今日、共同調査者の芦田成人氏より、「昨日九月二十三日(秋分の日)大峯山寺戸閉に登拝した」との連絡があった。昨年来のコロナ禍で恒例の伝統的儀式は困難であるが、午後一時より儀式と護摩があり、八十名位の参加者があった。当日は祭日で天候も良く一般の登山者も多かったとの事。オリンピック・パラリンピックも無事終わり、自民党総裁選・衆議院選挙も近い。

 さて、私の調査は六十歳より出発して、今年喜寿を迎えたが、だんだん活動が鈍った。好運にも芦田氏が調査を継続してくださっている。凡人やはり年と共に懈怠(けたい)の心が生じるのであろう。初期にはかなり熱心であったが今では過去の思い出となった感がある。私の大峯山引退の令和元年、家族の協力で『平成の大峯山』が出版できた。
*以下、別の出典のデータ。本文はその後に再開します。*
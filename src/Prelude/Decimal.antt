-- ===== src/Prelude/Decimal.antt =====
-- Numbers in decimal: `to_string` of an unsigned integer, and `parse`.
use Prim.Native.Nat.{ℕ, zero, suc, ◌+◌, ◌-◌, ◌*◌, ◌/◌, ◌%◌, ◌^◌, ◌<◌}
use mathlib.Core.Path.{◌≡◌, refl, ap, ◌∙◌}
use mathlib.Core.Bool.{Bool, true, false, ◌&&◌}
use mathlib.Core.List.{[], ◌∷◌, ◌++◌}
use mathlib.Core.Logic.{inl, inr, ◌≢◌}
use mathlib.Core.Option.{Option, none, some}
use native.Mathlib.Omega.{arith}
use native.Mathlib.Nat.{pow-suc}
use rustion.Prelude.Tests.{ltb, leb, ◌==◌, if◌then◌else◌, Bool-cases}
use rustion.Prelude.Lists.{All, All-append}
use rustion.Prelude.Text.{Text}

-- `to_string`, with as many digits as the type can need for fuel.
unfoldable pub digits : ℕ → ℕ → Text
digits zero n = []
digits (suc fuel) n =
    let before = digits fuel (n / 10) in
    if ltb n 10 then (b'0' + n) ∷ [] else before ++ ((b'0' + n % 10) ∷ [])

abbrev pub is_digit : ℕ → Bool
is_digit c = leb b'0' c && leb c b'9'

-- The value of a text of digits.
unfoldable pub scan : ℕ → Text → Option ℕ
scan acc [] = some acc
scan acc (c ∷ s) = let rest = scan (acc * 10 + (c - b'0')) s in if is_digit c then rest else none

-- What is no digit yet: an empty text is refused.
unfoldable pub parse_digits : Text → Option ℕ
unfolding scan
parse_digits [] = none
parse_digits (c ∷ s) = scan 0 (c ∷ s)

-- A number that the type has room for.
unfoldable pub below : ℕ → Option ℕ → Option ℕ
below bound none = none
below bound (some n) = if ltb n bound then some n else none

-- `parse::<u16>()` and the like: one `+` may stand in front.
unfoldable pub parse_unsigned : ℕ → Text → Option ℕ
unfolding parse_digits below
parse_unsigned bound [] = none
parse_unsigned bound (c ∷ s) = below bound (parse_digits (if c == b'+' then s else c ∷ s))

scan-snoc :
    (acc : ℕ) (s : Text) (c m : ℕ)
    → scan acc s ≡ some m
    → is_digit c ≡ true
    → scan acc (s ++ (c ∷ [])) ≡ some (m * 10 + (c - b'0'))
unfolding scan
scan-snoc acc [] c m h d = ground arith
scan-snoc acc (x ∷ s) c m h d = elim (Bool-cases (is_digit x)) [
  | inl e ↦ rw e (scan-snoc (acc * 10 + (x - b'0')) s c m (rw e at h) d)
  | inr e ↦ ground arith
]

scan-digits : (fuel n : ℕ) → n < 10 ^ fuel → scan 0 (digits fuel n) ≡ some n
unfolding digits
scan-digits zero n h = unfold scan in ground arith
scan-digits (suc fuel) n h = elim (Bool-cases (ltb n 10)) [
  | inl e ↦ rw e (unfold scan in ground arith)
  | inr e ↦
      let within : n / 10 < 10 ^ fuel = let b = pow-suc 10 fuel in omega (arith, b) in
      rw e (
        scan-snoc 0 (digits fuel (n / 10)) (b'0' + n % 10) (n / 10)
          (scan-digits fuel (n / 10) within) (ground arith)
        ∙ ap some (omega arith))
]

pub digits-digit : (fuel n : ℕ) → All (λ c. is_digit c ≡ true) (digits fuel n)
unfolding digits
digits-digit zero n = tt
digits-digit (suc fuel) n = elim (Bool-cases (ltb n 10)) [
  | inl e ↦ rw e (ground arith, tt)
  | inr e ↦
      rw e (All-append _ (digits fuel (n / 10)) _ (digits-digit fuel (n / 10)) (ground arith, tt))
]

pub digits-ne-nil : (fuel n : ℕ) → digits (suc fuel) n ≢ []
unfolding digits
digits-ne-nil fuel n h = elim (Bool-cases (ltb n 10)) [
  | inl e ↦ ground arith
  | inr e ↦ some_snoc (digits fuel (n / 10)) _ (rw e at h)
]
  where
    some_snoc : (s : Text) (c : ℕ) → s ++ (c ∷ []) ≢ []
    some_snoc [] c e = cc
    some_snoc (x ∷ s) c e = cc

parse_digits-scan : (s : Text) → s ≢ [] → parse_digits s ≡ scan 0 s
unfolding parse_digits
parse_digits-scan [] ne = absurd (ne refl)
parse_digits-scan (c ∷ s) ne = refl

parse_unsigned-scan :
    (bound : ℕ) (s : Text)
    → All (λ c. is_digit c ≡ true) s
    → s ≢ []
    → parse_unsigned bound s ≡ below bound (scan 0 s)
unfolding parse_unsigned
parse_unsigned-scan bound [] all ne = absurd (ne refl)
parse_unsigned-scan bound (c ∷ s) all ne =
    let e : (c == b'+') ≡ false = let d = all.0 in ground arith in
    rw e (ap (below bound) (parse_digits-scan (c ∷ s) ne))

pub parse_digits-digits :
    (fuel n : ℕ) → n < 10 ^ suc fuel → parse_digits (digits (suc fuel) n) ≡ some n
parse_digits-digits fuel n h =
    parse_digits-scan _ (digits-ne-nil fuel n) ∙ scan-digits (suc fuel) n h

pub parse_unsigned-digits :
    (bound fuel n : ℕ)
    → n < 10 ^ suc fuel
    → n < bound
    → parse_unsigned bound (digits (suc fuel) n) ≡ some n
parse_unsigned-digits bound fuel n h k =
    parse_unsigned-scan bound _ (digits-digit (suc fuel) n) (digits-ne-nil fuel n)
    ∙ (ap (below bound) (scan-digits (suc fuel) n h) ∙ within)
  where
    within : below bound (some n) ≡ some n
    within = unfold below in ground arith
その第五章に、初期役行者石像五体と偶然発見の三体の蔵王権現石像(奈良県生駒市有里町・竹林寺)を掲載できた事は、今となっては嬉しい。

 石像の本は古書店で見つけると、すぐ買って帰ったが、役行者はごく稀に紹介される。『日本の石仏』(日本石仏協会2012No144冬 特集)【役行者・蔵王権現】を見ると、全国に多数の像があり、自分の調査など、近場の趣味の散策だ・・・と思うようになり、年を加えるごとに目的意識が遠退き、脊柱管狭窄症により、弱気になってしまった。今年六・七月より回復したのか、試しに愛宕山(山城と丹波の境界924m)に登拝した。何とか三角点まで登れたが、下山は足腰が・・・体力の低下はやむを得ない。

   岳久遠上がれば下る人生のおのが齢をおのずから知る

と詠んで自身のブログ(愛宕山登拝記)に掲載した。

このままで良いのか・・・と自問する

 昨今、このままで良いのか・・・と自問する。初心に還る・・・時間は十分にある。体調も少し改善、初心を成就すべく心して往年の調査を整理し、記録として残しておきたいと思う。有終の美ならず木をみて森を見ずの独断と駄法螺吹き自認の講釈調にて自由に書き残し、今となっては忘れ去られていく、役行者石像に思いを馳せ、最終の日誌としようと思う。

 世の中が開け進み、生活が発展充実し、その過程で学問・芸術・道徳・宗教などの諸活動を「文化」とすれば、人類の営みの中で生み出した、人の人たる要素で、その時代々々に「楽しい事」を単純に文化と考えても大きな間違いではなかろう。

 私が今日、身近に日本の宗教を概観すると、全国津々浦々到る処に神社・寺・お堂・祠・石像等が存在する。我々は何故社寺に詣でるであろうか。建築・仏像・庭園を見学し、単なる散策だけではあるまい。初詣は言うに及ばず、伊勢・熊野・愛宕等、近在の社寺・旦那寺・名所旧跡等々・・・又三十三ヶ所・八十八ヶ所の巡礼、この行動は義務で行われているのではなく、では伝統・習慣か、何かの力によって強制されているわけでもない。その行為には何か「楽しい思い」があるに違いない。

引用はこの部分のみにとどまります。